Se tambaleó y casi se cayó solo para que Marcel la atrapara, de nuevo.

—¡Quita tus manos de mí!

—Clara estaba furiosa mientras lo empujaba lejos de ella con tanta fuerza que si Marcel no hubiera tenido suficiente resistencia, habría caído de culo.

—¡Bien, como quieras!

—dijo Marcel, harto de sus molescos cambios de humor.

Ya que estaba bien por su cuenta, no tenía por qué preocuparse por ella.

Marcel decidió mientras se adelantaba, dejándola atrás con sus miserables tacones.

Cuando Clara llegó al auto, estaba jadeando y sudando.

Sin embargo estaba furiosa con Marcel, ¿cómo pudo dejarla atrás?

Mirando a Marcel mientras entraba al auto sin siquiera abrirle la puerta le recordó el imbécil que era.

¡Por supuesto que lo odiaba!

Esa era la respuesta a la pregunta que atormentaba su mente.

No le gustaba ni un poco, el imbécil debió haber intentado seducirla para su beneficio.

Todo encajó, la razón por la que la hizo prepararse para estas «visitas de condolencia» cuando nunca la llamó ni una vez después de esa altercación en la casa de su padre.

¿Era esta la táctica que quería emplear, hacer que se enamorara de él para complacer a su padre?

Clara se rió para sus adentros, «¡era un gran soñador!».

Lutero era el hombre que amaba y aunque eventualmente se casaran -ella y Marcel-, él nunca ganaría su corazón.

Apostaba a que su herencia era su objetivo.

¡Ese gángster hambriento de poder!

Mientras pensaba en cómo Marcel planeaba seducirla, Marcel en cuestión estaba pensando en cómo enfrentar a sus enemigos familiares en el servicio fúnebre y deshacerse de Clara también.

No había duda de que todos estarían allí para cuestionar su administración.

Esta era su oportunidad única en la vida para roerlo como buitres sobre un cadáver.

Por primera vez, Marcel comenzó a preguntarse si había sido un error no traer a Victor para ayudarlo, sin embargo, sabía lo fácilmente que Victor se irritaba con sus otros primos.

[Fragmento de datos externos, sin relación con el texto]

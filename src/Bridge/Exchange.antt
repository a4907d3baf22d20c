-- ===== src/Bridge/Exchange.antt =====
-- A bundle that one bridge generates, as another takes it.
use radix_relay.Prelude.{
  ℕ, ◌<◌, ◌≡◌, ◌≢◌, refl, ap, ◌∙◌, true, false, Option, none, some, List, [], ◌∷◌, String, ltb,
  ◌==◌, string_eq, arith,
}
use radix_relay.Exec.{Exec, Outcome, ok, err, panic, continue}
use radix_relay.StorageTrait.{StorageContainer, Storage}
use radix_relay.StorageTrait.Tables.{ok-injective}
use radix_relay.Bridge.Sessions.{first_device}
use radix_relay.Bridge.Bundles.{
  SerializablePreKeyBundle, BundleApi, or_serialization, Parts, current_bundle, first_of, public_of,
  serializable, bundle_bytes, generate_pre_key_bundle, device_of, pre_key_of, bundle_of,
  establish_named, establish_session,
}

-- What was written is read back, by libsignal's types and by bincode; a device's number is a byte;
-- a bundle is made of its parts.
pub record BundleLaws {C : StorageContainer} (P : BundleApi C) : Type 0 where
  pub new_device-number : (d : P.DeviceId) → P.new_device (P.device_number d) ≡ some d
  pub number_small : (d : P.DeviceId) → P.device_number d < 256
  pub public_back : (k : P.PublicKey) → P.deserialize_public (P.serialize_public k) ≡ some k
  pub kem_back : (k : P.KemPublicKey) → P.deserialize_kem (P.serialize_kem k) ≡ some k
  pub identity_back : (k : P.IdentityKey) → P.decode_identity (P.serialize_identity k) ≡ some k
  pub new-parts : (b : P.PreKeyBundle) (p : Parts P) → P.parts b ≡ ok p → P.new_bundle p ≡ ok b
  pub bytes_back :
      (b : SerializablePreKeyBundle) (bytes : List ℕ)
      → P.to_bytes b ≡ some bytes
      → P.from_bytes bytes ≡ some b
  pub bytes_not_empty : (b : SerializablePreKeyBundle) → P.to_bytes b ≢ some []

module _ {S A B : Type 0} where
  continue-ok :
      (r : Outcome A) (k : A → Exec S B) (s : S) {b : B}
      → (continue r k s).0 ≡ ok b
      → (a : A) × (r ≡ ok a) × ((k a s).0 ≡ ok b)
  continue-ok (ok a) k s h = (a, refl, h)
  continue-ok (err e) k s h = absurd cc
  continue-ok panic k s h = absurd cc

or_serialization-ok : {A : Type 0} (o : Option A) {a : A} → or_serialization o ≡ ok a → o ≡ some a
or_serialization-ok none h = absurd cc
or_serialization-ok (some b) h = ground arith

module _ {C : StorageContainer} (P : BundleApi C) (L : BundleLaws P) where
  device_of-number : (d : P.DeviceId) → device_of P (P.device_number d) ≡ ok d
  device_of-number d =
      let small : ltb (P.device_number d) 256 ≡ true = ground (arith, L.number_small d) in
      rw (small, L.new_device-number d)

  pre_key_of-back :
      (o : Option (ℕ × P.PublicKey)) → pre_key_of P (first_of o) (public_of P o) ≡ ok o
  pre_key_of-back none = refl
  pre_key_of-back (some (i, k)) = rw (L.public_back k)

  bundle_of-serializable :
      (b : P.PreKeyBundle) (p : Parts P) (t : Storage C)
      → P.parts b ≡ ok p
      → bundle_of P (serializable P p) t ≡ (ok b, t)
  unfolding bundle_of
  bundle_of-serializable b p t e = rw (
    device_of-number p.device_id,
    pre_key_of-back p.pre_key,
    L.public_back p.signed_pre_key_public,
    L.kem_back p.kyber_pre_key_public,
    L.identity_back p.identity_key,
    L.new-parts b p e,
  )

  establish_named-eq :
      (peer : String) (bytes : List ℕ) (b : P.PreKeyBundle) (p : Parts P) (t : Storage C)
      → P.parts b ≡ ok p
      → P.to_bytes (serializable P p) ≡ some bytes
      → establish_named P peer bytes t ≡ P.establish_session_from_bundle (first_device peer) b t
  unfolding establish_named
  establish_named-eq peer [] b p t e f = absurd (L.bytes_not_empty (serializable P p) f)
  establish_named-eq peer (byte ∷ bytes) b p t e f =
      rw (L.bytes_back (serializable P p) (byte ∷ bytes) f, bundle_of-serializable b p t e)

  -- If what was written is read back and is not empty, the number of a device is a byte and a bundle
  -- is made of its parts, then the bytes that a storage generates for its current bundle hand exactly
  -- that bundle to libsignal on any other storage, where a session is established with the first
  -- device of a named peer.
  pub establish_session-generated :
      (s t : Storage C) (peer : String) (bytes : List ℕ) (i j k : ℕ)
      → (peer == "") ≡ false
      → (generate_pre_key_bundle P s).0 ≡ ok (bytes, i, j, k)
      → (b : P.PreKeyBundle) × ((current_bundle P s).0 ≡ ok (b, i, j, k))
        × (establish_session P peer bytes t
            ≡ P.establish_session_from_bundle (first_device peer) b t)
  unfolding generate_pre_key_bundle establish_session
  establish_session-generated s t peer bytes i j k named h =
      let (x, made, rest) = continue-ok (current_bundle P s).0 _ (current_bundle P s).1 h in
      let u = (current_bundle P s).1 in
      let (written, wrote, rest') =
        continue-ok (bundle_bytes P x.0 u).0 _ (bundle_bytes P x.0 u).1 rest in
      let (p, has_parts, serialized) = continue-ok (P.parts x.0) _ u wrote in
      let e : (written, x.1, x.2, x.3) ≡ (bytes, i, j, k) = ok-injective rest' in
      let f =
        or_serialization-ok (P.to_bytes (serializable P p)) serialized ∙ ap (λ y. some y.0) e in
      (
        x.0,
        made ∙ ap (λ y. ok (x.0, y.1, y.2, y.3)) e,
        rw named (establish_named-eq peer bytes x.0 p t has_parts f),
      )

Estaba aquí para dar cuenta de sus hombres asesinados, no para comenzar una pelea – aunque ellos la traerían a su puerta.

Por el rabillo del ojo, Marcel observó cómo Clara comenzaba a quitarse los tacones, masajeando sus pies que debían estar palpitando.

—Si quieres, podría conseguirte unos zapatos planos al otro lado del camino —le ofreció ayuda al ver lo exhausta que estaba.

Marcel podría no gustarle pero estaba en su naturaleza cuidar de las mujeres – de la manera en que su madre lo cuidó a él.

—¿Y por qué harías eso por mí?

—ella replicó.

—¿Qué?

—¿Te lo pedí?

Marcel estaba desconcertado, solo intentaba ayudar.

No era un monstruo como ella lo imaginaba.

—No, no lo hiciste pero yo…

Clara lo interrumpió:
—Si crees que esos pequeños gestos cambiarían mi opinión, entonces mejor métetelos por el culo.

No necesito tu ayuda, ¡guárdatela!

—Ya veo —Marcel asintió después de que ella terminó, sus labios formando una línea delgada.

Alguien tendría que arreglárselas por sí misma de ahora en adelante.

De repente se detuvo en la esquina de la calle sin previo aviso.

—¿Qué estás haciendo?

—Clara se sorprendió por la parada abrupta, este no parecía ser el lugar.

—¡Bájate!

—Marcel dijo en un tono tan frío que la congeló.

—¿Qué?

—ella graznó.

—No me necesitas conduciendo porque decidí meterme el favor por el culo.

Ahora consigue tu propio transporte.

El rostro de Clara perdió color.

Alguien debería decirle que estaba bromeando.